- _Exercise description_
Pull out every line below holding the word "long".

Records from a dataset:
——————————

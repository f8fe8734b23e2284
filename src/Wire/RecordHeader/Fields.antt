-- ===== src/Wire/RecordHeader/Fields.antt =====
-- The record header as a list of words.
use mathlib.Core.List.{append-nil}
use oxihipo.Prelude.{
  ◌++◌, sym, ap, ◌∙◌, ltb, false, length-append, le→ltb_false, ℕ, ◌/◌, ◌%◌, ◌^◌, ◌<◌, ◌≡◌, refl,
  arith, List, [], ◌∷◌, some, length, All, Bytes, ok,
}
use oxihipo.Wire.Bytes.{
  Endianness, little, big, from_magic, header_magic, header_magic_be, le_value, le_bytes, be_bytes,
}
use oxihipo.Wire.Fields.{
  Field, Fits, order, fields_bytes, read_word-fields_append, read_le-fields_append,
  length-fields_bytes, write_fields_all,
}
use oxihipo.Wire.RecordHeader.{RecordHeader, from_words, parse, is_big, comp_word_of, write}

-- The words of a record header, before they are interpreted.
pub record HeaderWords : Type 0 where
  pub record_length : ℕ
  pub record_number : ℕ
  pub header_length : ℕ
  pub event_count : ℕ
  pub index_array_length : ℕ
  pub bit_info : ℕ
  pub user_header_length : ℕ
  pub data_length : ℕ
  pub comp_word : ℕ
  pub user_word_1 : ℕ
  pub user_word_2 : ℕ

abbrev pub fields : HeaderWords → List Field
fields w =
    (4, w.record_length)
    ∷ (4, w.record_number)
    ∷ (4, w.header_length)
    ∷ (4, w.event_count)
    ∷ (4, w.index_array_length)
    ∷ (4, w.bit_info)
    ∷ (4, w.user_header_length)
    ∷ (4, header_magic)
    ∷ (4, w.data_length)
    ∷ (4, w.comp_word)
    ∷ (8, w.user_word_1)
    ∷ (8, w.user_word_2)
    ∷ []

-- Each word fits its field.
pub record FitWords (w : HeaderWords) : Type 0 where
  pub record_length : w.record_length < 2 ^ 32
  pub record_number : w.record_number < 2 ^ 32
  pub header_length : w.header_length < 2 ^ 32
  pub event_count : w.event_count < 2 ^ 32
  pub index_array_length : w.index_array_length < 2 ^ 32
  pub bit_info : w.bit_info < 2 ^ 32
  pub user_header_length : w.user_header_length < 2 ^ 32
  pub data_length : w.data_length < 2 ^ 32
  pub comp_word : w.comp_word < 2 ^ 32
  pub user_word_1 : w.user_word_1 < 2 ^ 64
  pub user_word_2 : w.user_word_2 < 2 ^ 64

-- A header in the given byte order, its magic word included.
abbrev pub encode : Endianness → HeaderWords → Bytes
encode e w = fields_bytes (is_big e) (fields w)

FitWords-Fits : (w : HeaderWords) → FitWords w → All Fits (fields w)
FitWords-Fits w f = omega arith

-- The magic word as a little-endian read finds it.
abbrev pub magic_of : Endianness → ℕ
magic_of little = header_magic
magic_of big = header_magic_be

pub magic_word : (e : Endianness) → le_value (order (is_big e) 4 header_magic) ≡ magic_of e
unfolding le_value le_bytes be_bytes
magic_word little = refl
magic_word big = refl

pub from_magic-magic_of : (e : Endianness) → from_magic (magic_of e) ≡ some e
from_magic-magic_of little = refl
from_magic-magic_of big = refl

-- In either byte order `parse` finds the words and notes the order, whatever
-- follows the header.
pub parse-encode_append :
    (e : Endianness) (w : HeaderWords) (rest : Bytes)
    → FitWords w
    → parse (encode e w ++ rest)
      ≡ from_words e w.record_length w.record_number w.header_length w.event_count
          w.index_array_length w.bit_info w.user_header_length w.data_length w.comp_word
          w.user_word_1 w.user_word_2
unfolding parse
parse-encode_append e w rest f =
    let fs : List Field = fields w in
    let fits : All Fits (fields w) = FitWords-Fits w f in
    let at = read_word-fields_append (is_big e) (fields w) fits rest in
    let long : ltb (length (encode e w ++ rest)) 56 ≡ false =
      le→ltb_false _ 56 (
        omega
          (arith, length-append (encode e w) rest, length-fields_bytes (is_big e) (fields w))) in
    rw (
      long,
      read_le-fields_append (is_big e) (fields w) fits rest 28 4 header_magic refl,
      magic_word e,
      from_magic-magic_of e,
      at 0 4 w.record_length refl,
      at 4 4 w.record_number refl,
      at 8 4 w.header_length refl,
      at 12 4 w.event_count refl,
      at 16 4 w.index_array_length refl,
      at 20 4 w.bit_info refl,
      at 24 4 w.user_header_length refl,
      at 32 4 w.data_length refl,
      at 36 4 w.comp_word refl,
      at 40 8 w.user_word_1 refl,
      at 48 8 w.user_word_2 refl,
    )

pub parse-encode :
    (e : Endianness) (w : HeaderWords)
    → FitWords w
    → parse (encode e w)
      ≡ from_words e w.record_length w.record_number w.header_length w.event_count
          w.index_array_length w.bit_info w.user_header_length w.data_length w.comp_word
          w.user_word_1 w.user_word_2
parse-encode e w f = ap parse (sym (append-nil (encode e w))) ∙ parse-encode_append e w [] f

-- The words that `write` stores.
abbrev pub words_of : RecordHeader → HeaderWords
words_of h = record {
  record_length = h.record_length / 4 % 2 ^ 32;
  record_number = h.record_number;
  header_length = h.header_length / 4;
  event_count = h.event_count;
  index_array_length = h.index_array_length;
  bit_info = h.bit_info;
  user_header_length = h.user_header_length;
  data_length = h.data_length;
  comp_word = comp_word_of h;
  user_word_1 = h.user_word_1;
  user_word_2 = h.user_word_2;
}

-- `write` replaces all 56 bytes of the array.
pub write-encode :
    (h : RecordHeader) (out : Bytes)
    → length out ≡ 56
    → write h out ≡ ok (encode little (words_of h))
unfolding write
write-encode h out e = write_fields_all (fields (words_of h)) out e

——————————

- _Result of this task_
    let long : ltb (length (encode e w ++ rest)) 56 ≡ false =
      long,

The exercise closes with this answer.